-- ===== src/Update/Stuck.antt =====
-- kernel/runtime/update.c: which transactions can come to an end, and which cannot.
use osai.Prelude.{
  add64, subst, sym, ℕ, ◌≡◌, ◌≢◌, refl, arith, true, false, ◌&&◌, none, some, List, [], ◌∷◌, ◌⊎◌,
  inl, inr,
}
use osai.Prelude.Status.{ok, invalid, io}
use osai.Update.{
  UpdateState, pending, staged, committed, failed, recovered, Updates, Answers, update_begin,
  update_stage, update_commit, update_fail, update_recover_boot, update_rollback, reject, set_error,
}
use osai.Update.Target.{target_valid}
use osai.Update.Chunks.{update_stage_chunk}
use osai.Update.Diagram.{
  Call, begin, stage, commit, fail, recover, roll_back, stage_chunk, verify_hash, serve,
}
use osai.Update.Runs.{run}

-- An open transaction that the recovery has already undone, with no hash under way.
pub record IsStuck (u : Updates) : Type 0 where
  pub active : u.transaction.active ≡ true
  pub state : u.transaction.state ≡ recovered
  pub hashing : u.chunk_staging_active ≡ false

-- No call gets it further.
serve-IsStuck :
    (a : Answers) (c : Call) (u : Updates)
    → IsStuck u
    → (u' : Updates) × (serve a c u ≡ some (invalid, u')) × IsStuck u'
unfolding serve
serve-IsStuck a (begin g t) u k = ((update_begin a g t u).1, ground arith, ground arith)
serve-IsStuck a stage u k = ((update_stage a u).1, ground arith, ground arith)
serve-IsStuck a commit u k = ((update_commit a u).1, ground arith, ground arith)
serve-IsStuck a fail u k = ((update_fail a u).1, ground arith, ground arith)
serve-IsStuck a recover u k = ((update_recover_boot a u).1, ground arith, ground arith)
serve-IsStuck a roll_back u k = ((update_rollback a u).1, ground arith, ground arith)
serve-IsStuck a (stage_chunk none file) u k =
    ((update_stage_chunk a none u file).1, ground arith, ground arith)
serve-IsStuck a (stage_chunk (some bytes) file) u k =
    ((update_stage_chunk a (some bytes) u file).1, ground arith, ground arith)
serve-IsStuck a (verify_hash none) u k = (reject (set_error invalid u), ground arith, ground arith)
serve-IsStuck a (verify_hash (some expected)) u k =
    (reject (set_error invalid u), ground arith, ground arith)

run-IsStuck :
    (u : Updates) (calls : List (Answers × Call))
    → IsStuck u
    → (u' : Updates) × (run u calls ≡ some u') × IsStuck u'
unfolding run
run-IsStuck u [] k = (u, refl, k)
run-IsStuck u ((a, c) ∷ calls) k =
    let (v, serves, k') = serve-IsStuck a c u k in
    let (u', runs, k'') = run-IsStuck v calls k' in (u', rw (serves, run) runs, k'')

-- A recovery at boot of a failed transaction, with no hash under way, that restores the checkpoint and
-- the file system but cannot write its record returns ERR_IO and leaves the transaction open as
-- RECOVERED. From there, after any calls on the transaction with any answers, each such call, a
-- beginning included, returns ERR_INVALID, and the transaction is open and RECOVERED still.
pub update_recover_boot-IsStuck :
    (a : Answers) (u : Updates)
    → u.transaction.active ≡ true
    → u.transaction.state ≡ failed
    → u.chunk_staging_active ≡ false
    → a.restored ≡ true
    → a.fs_rolled_back ≡ true
    → a.recorded ≡ false
    → ((update_recover_boot a u).0 ≡ io)
      × ((calls : List (Answers × Call)) (b : Answers) (c : Call)
          → (u' : Updates) × (u'' : Updates) × (run (update_recover_boot a u).1 calls ≡ some u')
            × (serve b c u' ≡ some (invalid, u''))
            × IsStuck u'')
unfolding update_recover_boot
update_recover_boot-IsStuck a u on bad hash restored back lost = (
  ground arith,
  λ calls b c.
      let (u', runs, k) = run-IsStuck (update_recover_boot a u).1 calls (ground arith) in
      let (u'', serves, k') = serve-IsStuck b c u' k in (u', u'', runs, serves, k'),
)

-- Staging that cannot write its record or commit the file system returns ERR_IO and counts no stage,
-- but the next commit goes through if its own writes do.
pub update_stage-update_commit :
    (a b : Answers) (u : Updates)
    → u.transaction.active ≡ true
    → u.transaction.state ≡ pending
    → (a.recorded && a.fs_committed) ≡ false
    → b.recorded ≡ true
    → b.fs_committed ≡ true
    → let (e, u') = update_stage a u in
      let (e', u'') = update_commit b u' in
      (e ≡ io)
      × (e' ≡ ok)
      × (u''.transaction.state ≡ committed)
      × (u''.stages ≡ u.stages)
      × (u''.commits ≡ add64 u.commits 1)
unfolding update_stage update_commit
update_stage-update_commit a b u on waits lost kept done = ground arith

-- Other files that refuse nothing.
abbrev pub willing : Answers
willing = record {
  signature_authorized = true;
  rollback_authorized = true;
  recorded = true;
  snapshot = true;
  restored = true;
  fs_committed = true;
  fs_rolled_back = true;
  opened = true;
  written = true;
}

-- The calls that end a transaction in a state.
abbrev pub ending : UpdateState → List (Answers × Call)
ending pending = (willing, stage) ∷ (willing, fail) ∷ (willing, recover) ∷ []
ending staged = (willing, fail) ∷ (willing, recover) ∷ []
ending failed = (willing, recover) ∷ []
ending committed = (willing, roll_back) ∷ []
ending _ = []

-- The states from which a transaction can be ended.
abbrev pub CanEnd : UpdateState → Type 0
CanEnd s = (s ≡ pending) ⊎ (s ≡ staged) ⊎ (s ≡ failed) ⊎ (s ≡ committed)

-- What ends a transaction that is open and failed.
abbrev recovering : Updates → Updates
recovering u = (update_recover_boot willing u).1

abbrev failing : Updates → Updates
failing u = recovering (update_fail willing u).1

-- A state in which an authorised update begins.
Ready : ℕ → List ℕ → UpdateState → Updates → Type 0
Ready g t s u =
    (u' : Updates) × (run u (ending s) ≡ some u') × ((update_begin willing g t u').0 ≡ ok)

module _ (u : Updates) (g : ℕ) (t : List ℕ) (on : u.transaction.active ≡ true) (some_g : g ≢ 0)
    (valid : target_valid t ≡ true) where
  failed-Ready : u.transaction.state ≡ failed → Ready g t failed u
  unfolding Ready run serve update_recover_boot update_begin
  failed-Ready e = (recovering u, ground arith, ground arith)

  staged-Ready : u.transaction.state ≡ staged → Ready g t staged u
  unfolding Ready run serve update_fail update_recover_boot update_begin
  staged-Ready e = (failing u, ground arith, ground arith)

  pending-Ready : u.transaction.state ≡ pending → Ready g t pending u
  unfolding Ready run serve update_stage update_fail update_recover_boot update_begin
  pending-Ready e = (failing (update_stage willing u).1, ground arith, ground arith)

  committed-Ready : u.transaction.state ≡ committed → Ready g t committed u
  unfolding Ready run serve update_rollback update_begin
  committed-Ready e = ((update_rollback willing u).1, ground arith, ground arith)

-- An open transaction that is pending, staged, failed or committed is ended by at most three calls,
-- if the other files refuse nothing; then an authorised update with a generation and a valid target
-- begins.
pub ending-update_begin :
    (u : Updates) (g : ℕ) (t : List ℕ)
    → u.transaction.active ≡ true
    → CanEnd u.transaction.state
    → g ≢ 0
    → target_valid t ≡ true
    → (u' : Updates) × (run u (ending u.transaction.state) ≡ some u')
      × ((update_begin willing g t u').0 ≡ ok)
unfolding Ready
ending-update_begin u g t on (inl e) some_g valid =
    subst (λ s. Ready g t s u) (sym e) (pending-Ready u g t on some_g valid e)
ending-update_begin u g t on (inr (inl e)) some_g valid =
    subst (λ s. Ready g t s u) (sym e) (staged-Ready u g t on some_g valid e)
ending-update_begin u g t on (inr (inr (inl e))) some_g valid =
    subst (λ s. Ready g t s u) (sym e) (failed-Ready u g t on some_g valid e)
ending-update_begin u g t on (inr (inr (inr e))) some_g valid =
    subst (λ s. Ready g t s u) (sym e) (committed-Ready u g t on some_g valid e)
==========
A single number is required: the count of lines in the listing that contain the string "abbrev".

Finished exercise: 5